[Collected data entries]

-- ===== src/Device/Touch/Writes.antt =====
-- What is written to the service.
use mathlib.Core.List.{append_assoc, append-nil}
use mathlib.Core.Path.{subst}
use mercury_farm.Base.{
  ◌≡◌, refl, sym, Bool, true, false, not, ◌&&◌, List, [], ◌∷◌, ◌++◌, arith, ◌==◌, if◌then◌else◌,
  if-cases,
}
use mercury_farm.Device.Touch.{
  desire, restart, restarted, inc, recovered, released, Step, starts, stops, configures, touches,
  stream_ends, immediate, recovers, restart_stops, destroys, service_starts, connects,
  banner_arrives, start_breaks, failing_ends, stopping_ends, is_at, is_starting, step, run,
}
use mercury_farm.Device.Touch.State.{
  Writer, service, connecting, reading_banner, ending, failing, Consumer, new, queue_write,
}
use mercury_farm.Device.Touch.Flush.{start_with-Written, queue_at-Written}
use mercury_farm.Device.Touch.Unwritten.{
  Written, Keeps, Keeps-Written, Keeps-self, stopped-Keeps, ensure_state-Keeps, restart_at-Keeps,
  inc-Keeps, failed_start-Keeps,
}

abbrev pub touch_of : Step → List Writer
touch_of (touches w) = w ∷ []
touch_of _ = []

abbrev pub touched_by : List Step → List Writer
touched_by [] = []
touched_by (t ∷ steps) = touch_of t ++ touched_by steps

abbrev pub is_destroys : Step → Bool
is_destroys destroys = true
is_destroys _ = false

abbrev pub never_destroys : List Step → Bool
never_destroys [] = true
never_destroys (t ∷ steps) = not (is_destroys t) && never_destroys steps

module _ (touched : List Writer) (s : Consumer) (i : Written touched s) where
  untouched : (t : Consumer) → Written touched t → Written (touched ++ []) t
  untouched t w = subst (λ (l : List Writer). Written l t) (sym (append-nil touched)) w

  kept-Written : (t : Consumer) → Keeps s t → Written (touched ++ []) t
  kept-Written t k = untouched t (Keeps-Written touched s t k i)

  kept_or :
      (test : Bool) (t : Consumer) → Keeps s t → Written (touched ++ []) (if test then s else t)
  kept_or true t k = untouched s i
  kept_or false t k = kept-Written t k

  going : (test : Bool) (t : Consumer) → Keeps s t → Written (touched ++ []) (if test then t else s)
  going true t k = kept-Written t k
  going false t k = untouched s i

  step-Written : (t : Step) → is_destroys t ≡ false → Written (touched ++ touch_of t) (step t s)
  unfolding step desire restart restarted recovered released queue_write
  step-Written starts d =
      kept-Written _
        (ensure_state-Keeps s _ (record { of_written = refl; of_queue = refl; of_ready = λ r. r }))
  step-Written stops d =
      kept-Written _
        (ensure_state-Keeps s _ (record { of_written = refl; of_queue = refl; of_ready = λ r. r }))
  step-Written configures d = kept-Written _ (restart_at-Keeps s.running s s (Keeps-self s))
  step-Written (touches w) d = queue_at-Written s.running touched w s refl i
  step-Written (stream_ends now) d =
      kept-Written _
        (restart_at-Keeps (inc now s).running s (inc now s) (inc-Keeps now s s (Keeps-self s)))
  step-Written immediate d =
      kept_or (s.immediates == 0) _
        (ensure_state-Keeps s _ (record { of_written = refl; of_queue = refl; of_ready = λ r. r }))
  step-Written recovers d =
      kept_or (s.timers == 0) _
        (ensure_state-Keeps s _ (record { of_written = refl; of_queue = refl; of_ready = λ r. r }))
  step-Written restart_stops d =
      kept_or (s.restarts == 0) _ (ensure_state-Keeps s _ (stopped-Keeps s _ refl refl refl))
  step-Written Step.limit_stops d =
      kept_or (s.limit_stops == 0) _ (stopped-Keeps s _ refl refl refl)
  step-Written destroys d = cc
  step-Written service_starts d =
      going (is_at service s.op) _
        (record { of_written = refl; of_queue = refl; of_ready = λ r. r })
  step-Written connects d =
      going (is_at connecting s.op) _
        (record { of_written = refl; of_queue = refl; of_ready = λ r. ground (arith, r) })
  step-Written (banner_arrives b) d =
      if-cases (Written (touched ++ [])) (is_at reading_banner s.op)
        (λ _. untouched _ (start_with-Written touched b s i)) (λ _. untouched s i)
  step-Written (start_breaks c) d =
      going (is_starting s.op) _ (record { of_written = refl; of_queue = refl; of_ready = λ r. r })
  step-Written (failing_ends now) d =
      if-cases (Written (touched ++ [])) (is_at (failing true) s.op)
        (λ _. kept-Written _ (failed_start-Keeps true now s))
        (λ _. going (is_at (failing false) s.op) _ (failed_start-Keeps false now s))
  step-Written stopping_ends d =
      going (is_at ending s.op) _ (ensure_state-Keeps s _ (stopped-Keeps s _ refl refl refl))

run-from :
    (steps : List Step) (touched : List Writer) (s : Consumer)
    → never_destroys steps ≡ true
    → Written touched s
    → Written (touched ++ touched_by steps) (run steps s)
unfolding run
run-from [] touched s d i = subst (λ (l : List Writer). Written l s) (sym (append-nil touched)) i
run-from (t ∷ steps) touched s d i =
    subst (λ (l : List Writer). Written l (run steps (step t s)))
      (append_assoc touched (touch_of t) (touched_by steps))
      (run-from steps (touched ++ touch_of t) (step t s) (ground arith)
        (step-Written touched s i t (ground arith)))

-- After any steps but a destruction, what was written and then what waits are the touches, each
-- once and in their order; each was written with a banner there, and a started consumer has a
-- socket and a banner, and nothing that waits.
pub run-Written :
    (steps : List Step) → never_destroys steps ≡ true → Written (touched_by steps) (run steps new)
unfolding new
run-Written steps d =
    run-from steps [] new d (record { of_ready = refl; of_order = refl; of_banners = refl })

→ PROBLEM DESCRIPTION: Starting with the line that contains "if-cases (Written (touched ++ [])) (is_at reading_banner", restate every line up to and including the last one above, exactly.

→ ANSWER TO THIS TASK:
      if-cases (Written (touched ++ [])) (is_at reading_banner s.op)
        (λ _. untouched _ (start_with-Written touched b s i)) (λ _. untouched s i)
  step-Written (start_breaks c) d =
      going (is_starting s.op) _ (record { of_written = refl; of_queue = refl; of_ready = λ r. r })
  step-Written (failing_ends now) d =
      if-cases (Written (touched ++ [])) (is_at (failing true) s.op)
        (λ _. kept-Written _ (failed_start-Keeps true now s))
        (λ _. going (is_at (failing false) s.op) _ (failed_start-Keeps false now s))
  step-Written stopping_ends d =
      going (is_at ending s.op) _ (ensure_state-Keeps s _ (stopped-Keeps s _ refl refl refl))

run-from :
    (steps : List Step) (touched : List Writer) (s : Consumer)
    → never_destroys steps ≡ true
    → Written touched s
    → Written (touched ++ touched_by steps) (run steps s)
unfolding run
run-from [] touched s d i = subst (λ (l : List Writer). Written l s) (sym (append-nil touched)) i
run-from (t ∷ steps) touched s d i =
    subst (λ (l : List Writer). Written l (run steps (step t s)))
      (append_assoc touched (touch_of t) (touched_by steps))
      (run-from steps (touched ++ touch_of t) (step t s) (ground arith)
        (step-Written touched s i t (ground arith)))

-- After any steps but a destruction, what was written and then what waits are the touches, each
-- once and in their order; each was written with a banner there, and a started consumer has a
-- socket and a banner, and nothing that waits.
pub run-Written :
    (steps : List Step) → never_destroys steps ≡ true → Written (touched_by steps) (run steps new)
unfolding new
run-Written steps d =
    run-from steps [] new d (record { of_ready = refl; of_order = refl; of_banners = refl })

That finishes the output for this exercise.